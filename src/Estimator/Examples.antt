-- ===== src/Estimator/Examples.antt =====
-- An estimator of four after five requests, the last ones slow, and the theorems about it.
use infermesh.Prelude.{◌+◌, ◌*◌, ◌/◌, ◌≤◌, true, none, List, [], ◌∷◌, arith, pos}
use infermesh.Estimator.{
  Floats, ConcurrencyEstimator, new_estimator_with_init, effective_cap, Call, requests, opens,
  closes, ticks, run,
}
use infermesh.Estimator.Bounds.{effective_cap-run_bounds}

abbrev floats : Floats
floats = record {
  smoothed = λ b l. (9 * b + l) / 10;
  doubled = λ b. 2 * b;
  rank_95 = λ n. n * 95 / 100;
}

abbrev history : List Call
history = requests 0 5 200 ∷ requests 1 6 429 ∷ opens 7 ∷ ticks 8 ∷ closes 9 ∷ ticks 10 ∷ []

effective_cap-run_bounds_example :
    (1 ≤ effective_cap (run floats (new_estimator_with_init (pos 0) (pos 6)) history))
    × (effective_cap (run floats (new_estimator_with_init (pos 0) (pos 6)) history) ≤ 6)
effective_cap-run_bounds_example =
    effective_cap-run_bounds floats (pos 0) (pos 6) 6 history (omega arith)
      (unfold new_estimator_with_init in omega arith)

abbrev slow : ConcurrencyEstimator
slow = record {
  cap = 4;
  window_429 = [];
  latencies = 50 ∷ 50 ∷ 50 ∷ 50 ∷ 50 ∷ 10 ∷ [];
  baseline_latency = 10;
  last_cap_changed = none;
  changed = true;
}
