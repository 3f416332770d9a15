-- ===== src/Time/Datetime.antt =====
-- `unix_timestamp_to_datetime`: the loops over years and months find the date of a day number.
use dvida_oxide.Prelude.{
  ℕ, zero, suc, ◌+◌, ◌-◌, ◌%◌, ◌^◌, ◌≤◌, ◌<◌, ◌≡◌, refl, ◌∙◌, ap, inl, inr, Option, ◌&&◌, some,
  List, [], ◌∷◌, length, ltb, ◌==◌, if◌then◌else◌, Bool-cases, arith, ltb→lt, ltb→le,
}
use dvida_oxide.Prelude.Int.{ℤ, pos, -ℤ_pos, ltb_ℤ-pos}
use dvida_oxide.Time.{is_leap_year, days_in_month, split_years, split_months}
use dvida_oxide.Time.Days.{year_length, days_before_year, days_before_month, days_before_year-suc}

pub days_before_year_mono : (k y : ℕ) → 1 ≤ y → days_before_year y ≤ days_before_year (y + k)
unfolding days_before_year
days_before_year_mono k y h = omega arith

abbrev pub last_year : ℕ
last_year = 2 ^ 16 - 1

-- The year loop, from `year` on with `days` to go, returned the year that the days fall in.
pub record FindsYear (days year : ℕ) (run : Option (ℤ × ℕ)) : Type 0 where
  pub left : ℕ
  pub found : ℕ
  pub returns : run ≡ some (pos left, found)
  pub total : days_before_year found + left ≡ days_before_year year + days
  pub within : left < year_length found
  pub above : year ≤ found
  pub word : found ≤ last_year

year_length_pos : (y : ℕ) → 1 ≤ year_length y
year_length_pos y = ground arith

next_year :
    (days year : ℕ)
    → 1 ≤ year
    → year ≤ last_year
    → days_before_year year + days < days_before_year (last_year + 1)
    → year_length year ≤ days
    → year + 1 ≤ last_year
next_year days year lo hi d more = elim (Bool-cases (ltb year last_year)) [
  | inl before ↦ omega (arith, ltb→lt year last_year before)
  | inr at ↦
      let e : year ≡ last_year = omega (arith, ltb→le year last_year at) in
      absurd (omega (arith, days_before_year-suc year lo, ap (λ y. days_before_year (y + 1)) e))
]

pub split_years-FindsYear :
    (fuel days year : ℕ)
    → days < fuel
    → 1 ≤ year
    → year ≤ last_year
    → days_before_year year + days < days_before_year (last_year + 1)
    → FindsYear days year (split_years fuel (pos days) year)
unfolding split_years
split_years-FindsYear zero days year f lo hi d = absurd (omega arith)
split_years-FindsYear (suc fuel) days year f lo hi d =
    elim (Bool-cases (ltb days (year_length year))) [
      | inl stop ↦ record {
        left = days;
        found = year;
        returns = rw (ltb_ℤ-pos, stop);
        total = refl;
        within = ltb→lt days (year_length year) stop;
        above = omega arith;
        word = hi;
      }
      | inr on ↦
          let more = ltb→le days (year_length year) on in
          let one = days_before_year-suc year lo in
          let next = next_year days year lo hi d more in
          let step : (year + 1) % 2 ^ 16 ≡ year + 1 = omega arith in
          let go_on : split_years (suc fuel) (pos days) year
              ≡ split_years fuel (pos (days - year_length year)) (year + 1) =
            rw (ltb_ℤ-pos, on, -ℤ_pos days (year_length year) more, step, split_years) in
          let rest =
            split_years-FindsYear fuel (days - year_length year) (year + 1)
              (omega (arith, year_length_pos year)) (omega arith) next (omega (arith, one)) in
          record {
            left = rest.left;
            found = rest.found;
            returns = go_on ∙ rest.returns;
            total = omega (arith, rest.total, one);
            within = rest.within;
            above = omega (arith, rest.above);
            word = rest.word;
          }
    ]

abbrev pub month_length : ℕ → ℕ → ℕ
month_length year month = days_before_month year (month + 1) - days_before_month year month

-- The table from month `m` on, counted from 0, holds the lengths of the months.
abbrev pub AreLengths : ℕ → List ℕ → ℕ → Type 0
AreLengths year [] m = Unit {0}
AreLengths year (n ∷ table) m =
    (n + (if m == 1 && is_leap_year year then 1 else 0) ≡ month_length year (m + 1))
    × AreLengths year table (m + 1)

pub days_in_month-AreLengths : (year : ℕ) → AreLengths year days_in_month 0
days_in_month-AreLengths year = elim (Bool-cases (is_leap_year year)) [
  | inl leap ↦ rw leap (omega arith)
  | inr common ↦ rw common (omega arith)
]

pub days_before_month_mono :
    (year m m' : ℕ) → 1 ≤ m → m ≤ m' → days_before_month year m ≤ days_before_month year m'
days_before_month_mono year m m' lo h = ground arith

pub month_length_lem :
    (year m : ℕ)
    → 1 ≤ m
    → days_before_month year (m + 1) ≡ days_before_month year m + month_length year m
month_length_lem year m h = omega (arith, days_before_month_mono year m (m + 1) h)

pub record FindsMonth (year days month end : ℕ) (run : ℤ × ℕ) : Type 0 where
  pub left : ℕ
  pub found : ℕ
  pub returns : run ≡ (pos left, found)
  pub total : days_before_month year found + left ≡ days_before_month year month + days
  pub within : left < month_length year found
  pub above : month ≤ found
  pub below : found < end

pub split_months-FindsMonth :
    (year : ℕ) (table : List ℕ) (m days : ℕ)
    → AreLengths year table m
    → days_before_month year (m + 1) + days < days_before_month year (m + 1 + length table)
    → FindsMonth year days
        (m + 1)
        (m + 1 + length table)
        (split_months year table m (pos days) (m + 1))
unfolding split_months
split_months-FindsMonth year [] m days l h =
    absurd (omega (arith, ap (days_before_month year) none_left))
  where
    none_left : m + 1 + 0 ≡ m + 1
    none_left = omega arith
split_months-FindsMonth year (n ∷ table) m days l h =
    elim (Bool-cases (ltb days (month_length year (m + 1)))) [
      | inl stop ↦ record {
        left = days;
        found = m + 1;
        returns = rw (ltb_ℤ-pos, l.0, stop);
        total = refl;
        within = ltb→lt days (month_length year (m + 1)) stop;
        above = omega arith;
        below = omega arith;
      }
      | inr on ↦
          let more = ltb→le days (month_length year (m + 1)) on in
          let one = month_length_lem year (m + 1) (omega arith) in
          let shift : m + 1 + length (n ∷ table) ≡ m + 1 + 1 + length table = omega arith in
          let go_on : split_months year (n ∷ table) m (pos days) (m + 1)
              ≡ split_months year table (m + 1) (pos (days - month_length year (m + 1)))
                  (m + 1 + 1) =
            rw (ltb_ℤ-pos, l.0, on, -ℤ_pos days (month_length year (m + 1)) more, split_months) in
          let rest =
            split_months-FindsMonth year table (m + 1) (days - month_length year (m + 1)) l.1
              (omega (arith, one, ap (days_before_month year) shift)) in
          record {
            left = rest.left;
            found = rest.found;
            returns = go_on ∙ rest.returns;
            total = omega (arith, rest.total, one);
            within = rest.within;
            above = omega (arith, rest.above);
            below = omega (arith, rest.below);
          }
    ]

What you should do:
All lines from the one that contains "below = omega arith;" to the last line above must be given again exactly, with both included and nothing added.

Result below:
        below = omega arith;
      }
      | inr on ↦
          let more = ltb→le days (month_length year (m + 1)) on in
          let one = month_length_lem year (m + 1) (omega arith) in
          let shift : m + 1 + length (n ∷ table) ≡ m + 1 + 1 + length table = omega arith in
          let go_on : split_months year (n ∷ table) m (pos days) (m + 1)
              ≡ split_months year table (m + 1) (pos (days - month_length year (m + 1)))
                  (m + 1 + 1) =
            rw (ltb_ℤ-pos, l.0, on, -ℤ_pos days (month_length year (m + 1)) more, split_months) in
          let rest =
            split_months-FindsMonth year table (m + 1) (days - month_length year (m + 1)) l.1
              (omega (arith, one, ap (days_before_month year) shift)) in
          record {
            left = rest.left;
            found = rest.found;
            returns = go_on ∙ rest.returns;
            total = omega (arith, rest.total, one);
            within = rest.within;
            above = omega (arith, rest.above);
            below = omega (arith, rest.below);
          }
    ]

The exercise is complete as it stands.